Consider the following quote (I read similar thing in a couple of sources but this one illustrates the issue I'm having):
By Fermat's Theorem if $n$ is prime, then for any $a$ we have $a^{n-1} = 1 \pmod{n}$. This suggests the Fermat test for a prime: pick a random $a \in \{1,…,n-1\}$ and see if $a^{n-1} = 1 \pmod{n}$. If not, then $n$ must be composite.
However we may still get equality even when $n$ is not prime. For example, take $n = 561 = 3\times 11\times 17$. By the Chinese Remainder Theorem … (Some explanation)
Thus no matter what $a$ we pick, $561$ always passes the Fermat test despite being composite so long as $a$ is coprime to $n$. Such numbers are called Carmichael numbers, and it turns out there are infinitely many of them.
So according to the author, no matter what $a \in \{1,…,n-1\}$ we choose, 561 will pass the test. But this is not true e.g:
$$
\begin{align}
3^{560} &\not\equiv 1 \pmod{561} \\
6^{560} &\not\equiv 1 \pmod{561} \\
9^{560} &\not\equiv 1 \pmod{561} \\
&…
\end{align}
$$
and there are many $a \in \{1,…,n-1\}$ such that $a^{560} \not\equiv 1 \pmod{561}$.
Why would we exclude $a$ such that $\gcd(a, n) = 1$ when the test works well without such condition? If we know that $\gcd(a, n) \not= 1$, we already know that $n$ is not prime, thus the test is pointless.

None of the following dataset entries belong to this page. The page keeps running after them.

-- ===== src/Usage.antt =====
-- services/usage.py: the charges of ordinary roasts and the daily force chance.
-- Time stamps and stored charges are natural numbers; the settings that a client sends are integers.
pub mod Recovery
pub mod Bucket
pub mod Rate
pub mod Wait
pub mod Force
use rollpig_cloud.Base.{
  ℕ, ◌+◌, ◌-◌, ◌*◌, ◌/◌, ◌%◌, min, max, Bool, true, false, ◌&&◌, ◌||◌, not, Option, none, some,
  List, [], ◌∷◌, ◌++◌, ltb, leb, ◌==◌, if◌then◌else◌, is_some, is_value, or_nonzero, get_or, find,
  update, ℤ, clamp, int_or,
}

abbrev pub default_roast_charge_max : ℕ
default_roast_charge_max = 2

abbrev pub default_roast_charge_recover_seconds : ℕ
default_roast_charge_recover_seconds = 28800

pub record UserUsage : Type 0 where
  pub user_id : ℕ
  pub last_roast_ts : Option ℕ
  pub roast_charges : Option ℕ
  pub roast_charge_updated_ts : Option ℕ
  pub last_force_date : Option ℕ

pub record ConsumeRoastResponse : Type 0 where
  pub allowed : Bool
  pub remaining_seconds : ℕ
  pub charges_left : ℕ
  pub max_charges : ℕ
  pub next_recover_seconds : ℕ

unfoldable pub clamp_charge_settings : Option ℤ → Option ℤ → ℕ × ℕ
clamp_charge_settings max_charges recover_seconds = (
  clamp 1 6 (int_or max_charges default_roast_charge_max),
  clamp 60 604800 (int_or recover_seconds default_roast_charge_recover_seconds),
)

state_from_legacy_last_use : ℕ → ℕ → ℕ → ℕ → ℕ × ℕ
state_from_legacy_last_use last_roast_ts now max_charges recover_seconds =
    let recovered = (now - last_roast_ts) / recover_seconds in
    let charges = min max_charges (1 + recovered) in
    if last_roast_ts == 0 then (max_charges, now) else (
      charges,
      if leb max_charges charges then now else last_roast_ts + recovered * recover_seconds,
    )

-- `updated_ts or now_ts`
abbrev pub stamp_or : ℕ → ℕ → ℕ
stamp_or updated now = if updated == 0 then now else updated

pub recover_charges : ℕ → ℕ → ℕ → ℕ → ℕ → ℕ × ℕ
recover_charges charges updated_ts now max_charges recover_seconds =
    let updated = stamp_or updated_ts now in
    let held = min max_charges charges in
    let recovered = (now - updated) / recover_seconds in
    let charges' = min max_charges (held + recovered) in
    if leb max_charges held
    then (max_charges, now)
    else if recovered == 0
    then (held, updated)
    else (charges', if leb max_charges charges' then now else updated + recovered * recover_seconds)

pub next_recover_seconds : ℕ → ℕ → ℕ → ℕ → ℕ → ℕ
next_recover_seconds charges updated_ts now max_charges recover_seconds =
    if leb max_charges charges
    then 0
    else max 1 (recover_seconds - (now - stamp_or updated_ts now) % recover_seconds)

-- The charges and their time stamp that the stored row stands for, before recovery.
pub stored_charges : UserUsage → ℕ → ℕ → ℕ → ℕ × ℕ
unfolding state_from_legacy_last_use
stored_charges usage now charge_max recover_seconds =
    if is_some usage.roast_charges && is_some usage.roast_charge_updated_ts
    then (get_or usage.roast_charges 0, or_nonzero usage.roast_charge_updated_ts now)
    else state_from_legacy_last_use (get_or usage.last_roast_ts 0) now charge_max recover_seconds

-- The body of `consume_roast_usage` on a row that exists.
unfoldable pub consume_charge : UserUsage → ℕ → ℕ → ℕ → ConsumeRoastResponse × UserUsage
unfolding stored_charges recover_charges next_recover_seconds
consume_charge usage now charge_max recover_seconds =
    let (stored, stored_ts) = stored_charges usage now charge_max recover_seconds in
    let (charges, updated_ts) = recover_charges stored stored_ts now charge_max recover_seconds in
    let remaining = next_recover_seconds charges updated_ts now charge_max recover_seconds in
    let spent_ts = (if leb charge_max charges then now else updated_ts) in
    if charges == 0
    then (
      record {
        allowed = false;
        remaining_seconds = remaining;
        charges_left = 0;
        max_charges = charge_max;
        next_recover_seconds = remaining;
      },
      record usage { roast_charges = some charges; roast_charge_updated_ts = some updated_ts },
    )
    else (
      record {
        allowed = true;
        remaining_seconds = 0;
        charges_left = charges - 1;
        max_charges = charge_max;
        next_recover_seconds =
            next_recover_seconds (charges - 1) spent_ts now charge_max recover_seconds;
      },
      record usage {
        last_roast_ts = some now;
        roast_charges = some (charges - 1);
        roast_charge_updated_ts = some spent_ts;
      },
    )

-- A row of a user who has never roasted: `UserUsage(user_id=…)` with the columns left NULL.
abbrev pub new_usage : ℕ → UserUsage
new_usage user = record {
  user_id = user;
  last_roast_ts = none;
  roast_charges = none;
  roast_charge_updated_ts = none;
  last_force_date = none;
}

abbrev pub is_user : ℕ → UserUsage → Bool
is_user user row = row.user_id == user

-- `UserUsage.user_id == user_id`
unfoldable pub find_usage : ℕ → List UserUsage → Option UserUsage
find_usage user = find (is_user user)

-- The first roast: the row is created with one charge spent.
abbrev pub first_charge : ℕ → ℕ → ℕ → ℕ → ConsumeRoastResponse × UserUsage
first_charge user now charge_max recover_seconds = (
  record {
    allowed = true;
    remaining_seconds = 0;
    charges_left = charge_max - 1;
    max_charges = charge_max;
    next_recover_seconds = next_recover_seconds (charge_max - 1) now now charge_max recover_seconds;
  },
  record (new_usage user) {
    last_roast_ts = some now;
    roast_charges = some (charge_max - 1);
    roast_charge_updated_ts = some now;
  },
)

-- `consume_roast_usage`: `clock` is `time.time()`, which a missing or zero `now_ts` stands for.
unfoldable pub consume_roast_usage :
    ℕ → Option ℕ → Option ℤ → Option ℤ → ℕ → List UserUsage → ConsumeRoastResponse × List UserUsage
unfolding clamp_charge_settings next_recover_seconds find_usage
consume_roast_usage user now_ts cooldown_seconds max_charges clock usages =
    let now = or_nonzero now_ts clock in
    let (charge_max, recover_seconds) = clamp_charge_settings max_charges cooldown_seconds in
    elim (find_usage user usages) [
      | none ↦
          let (response, row) = first_charge user now charge_max recover_seconds in
          (response, usages ++ row ∷ [])
      | some usage ↦
          let (response, row) = consume_charge usage now charge_max recover_seconds in
          (response, update (is_user user) (λ _. row) usages)
    ]

-- `consume_force_usage`: one force chance for a user and a day.
pub consume_force_usage : ℕ → ℕ → List UserUsage → Bool × List UserUsage
unfolding find_usage
consume_force_usage user date usages = elim (find_usage user usages) [
  | none ↦ (true, usages ++ record (new_usage user) { last_force_date = some date } ∷ [])
  | some usage ↦
      if is_value usage.last_force_date date
      then (false, usages)
      else (true, update (is_user user) (λ row. record row { last_force_date = some date }) usages)
]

The best source I read so far, sadly forget it, states that if $n$ is composite, then 50% of $a \in \{1,…,n-1\}$ will not satisfy $a^{n-1} \equiv 1 \pmod{n}$. Unless it's Carmichael numbers, i.e. there are less than 50%. Which seams true in my experiences (and this is properly the reason why the probability of not being prime gets lower by $1/2$ on each iteration).
Best Answer
I begin by trying also to answer your question:
The answer is that we are not excluding those $a$, but the chances of randomly getting a Fermat witness $a$ such that $\gcd(a,n)>1$ may be extremely low. At least it can easily be too low to help us in the task of primality testing.
On with my more verbose rant.
I am not an expert on primality testing, but I think $561$ is too small to truly bring to light the risks of primality testing by crude Little Fermat. After all, $3$ is a small number, and you are likely to hit a multiple of three sooner rather than later. But what if you stumble upon a Carmichael number with only relatively large prime factors (for the purposes of crypto we are talking 100+ digit prime number candidates after all).
For example, by Chernik's result if $6k+1,12k+1$ and $18k+1$ are all primes, then their product $n$ is a Carmichael number. If here all those three primes have about 40 digits, then the probability that any given Fermat witness says "Possible prime" is $1-10^{-40}$ or thereabouts - not good when the number to be tested is actually composite!
But, if you use a slightly more sophisticated witness based primality testing, such as Rabin-Miller, then you never have this problem. Each (R-M) witness yelling "Possible prime!" lowers the odds of your candidate still being a composite by a known minimum factor (IIRC the factor is four - but do check your sources on Rabin-Miller).
So the point is that due to the existence of Carmichael numbers we need to use something other than basic Little Fermat to get something like 99.99% certainty of the candidate being a prime with a reasonable amount of testing (when 8 R-M witnesses, each cutting the chance of a false positive by a factor of four, will do it).
If the number to be tested would be a Carmichael number, then I'm not aware of any number $\epsilon>0$ such that each witness would lower the probability of a false positive by $(1-\epsilon)$. Furthermore (see the Wikipedia page I linked to earlier), there are quite a few Carmichael numbers in a given range. True, they form a tiny fraction, but when Rabin-Miller gives us the kind of a guarantee that Fermat cannot with the same computational complexity, why use Little Fermat?